#### Problem description:
In the entries below, find the line containing "pub failures_positive : 0" and the line containing "pub still_probing : b.breaker_record.half_open_successes". Copy those two lines and everything between them exactly, and only that.

(Data for review begins)

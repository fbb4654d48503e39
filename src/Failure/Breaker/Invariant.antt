-- ===== src/Failure/Breaker/Invariant.antt =====
-- What holds of a circuit breaker (crates/runtime/src/failure_management.rs) between two calls.
use way_balancer.Base.{
  ℕ, ◌≤◌, ◌<◌, ◌≡◌, refl, ◌≢◌, List, [], ◌∷◌, length, length-push_bounded, arith, ok, u32_max,
  sat_add32,
}
use Prim.Native.String.{String}
use way_balancer.Failure.{UpstreamFailureClass}
use way_balancer.Failure.Breaker.{
  CircuitBreaker, CircuitBreakerPolicy, CircuitBreakerState, closed, opened, half_open,
  max_failure_events, new, allow_request, record_success, record_failure, transition_breaker_state,
  half_open_if_due, rearm_if_due, admit_probe, decide, success_in, failure_in,
  FailureManagementEventKind, breaker_opened, breaker_half_opened, breaker_closed,
}

-- Thresholds as `new` accepts them, in the range of their type.
pub record IsSane (p : CircuitBreakerPolicy) : Type 0 where
  pub failures_positive : 0 < p.open_failure_threshold
  pub failures_range : p.open_failure_threshold ≤ u32_max
  pub successes_positive : 0 < p.half_open_success_threshold
  pub successes_range : p.half_open_success_threshold ≤ u32_max
  pub duration_positive : 0 < p.open_duration

pub record Inv (b : CircuitBreaker) : Type 0 where
  pub sane : IsSane b.policy
  -- A closed breaker has not seen enough failures to open.
  pub below_threshold :
      b.breaker_record.state ≡ closed
      → b.breaker_record.consecutive_failures < b.policy.open_failure_threshold
  -- A probing breaker has not seen enough successes to close; any other has forgotten them.
  pub still_probing : b.breaker_record.half_open_successes < b.policy.half_open_success_threshold
  pub only_probing : b.breaker_record.state ≢ half_open → b.breaker_record.half_open_successes ≡ 0
  pub bounded_probes : b.breaker_record.half_open_admitted ≤ b.policy.half_open_success_threshold
  pub bounded_events : length b.events ≤ max_failure_events

pub data Call : Type 0 where
  allow : ℕ → Call
  success : Call
  failure : ℕ → UpstreamFailureClass → Call

unfoldable pub step : CircuitBreaker → Call → CircuitBreaker
step b (allow now) = (allow_request b now).0
step b success = record_success b
step b (failure now class) = record_failure b now class

unfoldable pub run : CircuitBreaker → List Call → CircuitBreaker
run b [] = b
run b (c ∷ cs) = run (step b c) cs

pub new-Inv :
    (p : CircuitBreakerPolicy) (b : CircuitBreaker)
    → p.open_failure_threshold ≤ u32_max
    → p.half_open_success_threshold ≤ u32_max
    → new p ≡ ok b
    → Inv b
unfolding new
new-Inv p b f s e = ground arith

transition_bounded_events :
    (to : CircuitBreakerState) (k : FailureManagementEventKind) (d : String) (b : CircuitBreaker)
    → length b.events ≤ max_failure_events
    → length (transition_breaker_state to k d b).events ≤ max_failure_events
unfolding transition_breaker_state
transition_bounded_events to k d b h = ground (
  arith,
  length-push_bounded max_failure_events (record { kind = k; scope = "upstream"; detail = d })
      b.events (omega arith) h,
)

half_open_if_due-Inv : (b : CircuitBreaker) (now : ℕ) → Inv b → Inv (half_open_if_due b now)
unfolding half_open_if_due transition_breaker_state
half_open_if_due-Inv b now v = ground (
  arith,
  transition_bounded_events half_open breaker_half_opened
      "breaker cool-down elapsed; allowing probe traffic" b v.bounded_events,
)

decide-Inv :
    (s : CircuitBreakerState) (b : CircuitBreaker) (now : ℕ)
    → b.breaker_record.state ≡ s
    → Inv b
    → Inv (decide s b now).0
unfolding decide rearm_if_due admit_probe
decide-Inv closed b now e v = v
decide-Inv opened b now e v = ground arith
decide-Inv half_open b now e v = ground arith

success_in-Inv :
    (s : CircuitBreakerState) (b : CircuitBreaker)
    → b.breaker_record.state ≡ s
    → Inv b
    → Inv (success_in s b)
unfolding success_in transition_breaker_state
success_in-Inv closed b e v = ground arith
success_in-Inv opened b e v = v
success_in-Inv half_open b e v =
    let successes = sat_add32 b.breaker_record.half_open_successes 1 in
    ground (
      arith,
      transition_bounded_events closed breaker_closed
          "breaker recovered after successful half-open probes"
          (record b {
            breaker_record = record (b.breaker_record) { half_open_successes = successes };
          })
          v.bounded_events,
    )

failure_in-Inv :
    (s : CircuitBreakerState) (b : CircuitBreaker) (now : ℕ)
    → b.breaker_record.state ≡ s
    → Inv b
    → Inv (failure_in s b now)
unfolding failure_in transition_breaker_state
failure_in-Inv closed b now e v = ground (
  arith,
  transition_bounded_events opened breaker_opened "breaker opened after repeated upstream failures"
      b v.bounded_events,
)
failure_in-Inv opened b now e v = ground arith
failure_in-Inv half_open b now e v = ground (
  arith,
  transition_bounded_events opened breaker_opened "breaker re-opened after failed half-open probe" b
      v.bounded_events,
)

-- Every call keeps the invariant.
pub step-Inv : (b : CircuitBreaker) (c : Call) → Inv b → Inv (step b c)
unfolding step allow_request record_success record_failure
step-Inv b (allow now) v =
    decide-Inv _ (half_open_if_due b now) now refl (half_open_if_due-Inv b now v)
step-Inv b success v = success_in-Inv b.breaker_record.state b refl v
step-Inv b (failure now UpstreamFailureClass.permanent) v = v
step-Inv b (failure now _) v = failure_in-Inv b.breaker_record.state b now refl v

run-Inv : (b : CircuitBreaker) (cs : List Call) → Inv b → Inv (run b cs)
unfolding run
run-Inv b [] v = v
run-Inv b (c ∷ cs) v = run-Inv (step b c) cs (step-Inv b c v)

-- A breaker that `new` accepts, with thresholds in the range of u32, keeps the invariant through
-- any history of calls: while it is closed, it has seen fewer failures in a row than open it; it has
-- seen fewer successes of probes than close it, and none unless it is half-open; the probes that it
-- has admitted are not more than the successes it needs; and at most 64 events are queued.
pub run-new-Inv :
    (p : CircuitBreakerPolicy) (b : CircuitBreaker) (cs : List Call)
    → p.open_failure_threshold ≤ u32_max
    → p.half_open_success_threshold ≤ u32_max
    → new p ≡ ok b
    → Inv (run b cs)
run-new-Inv p b cs f s e = run-Inv b cs (new-Inv p b f s e)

(Data for review ends)

#### Exercise result:
  pub failures_positive : 0 < p.open_failure_threshold
  pub failures_range : p.open_failure_threshold ≤ u32_max
  pub successes_positive : 0 < p.half_open_success_threshold
  pub successes_range : p.half_open_success_threshold ≤ u32_max
  pub duration_positive : 0 < p.open_duration

pub record Inv (b : CircuitBreaker) : Type 0 where
  pub sane : IsSane b.policy
  -- A closed breaker has not seen enough failures to open.
  pub below_threshold :
      b.breaker_record.state ≡ closed
      → b.breaker_record.consecutive_failures < b.policy.open_failure_threshold
  -- A probing breaker has not seen enough successes to close; any other has forgotten them.
  pub still_probing : b.breaker_record.half_open_successes < b.policy.half_open_success_threshold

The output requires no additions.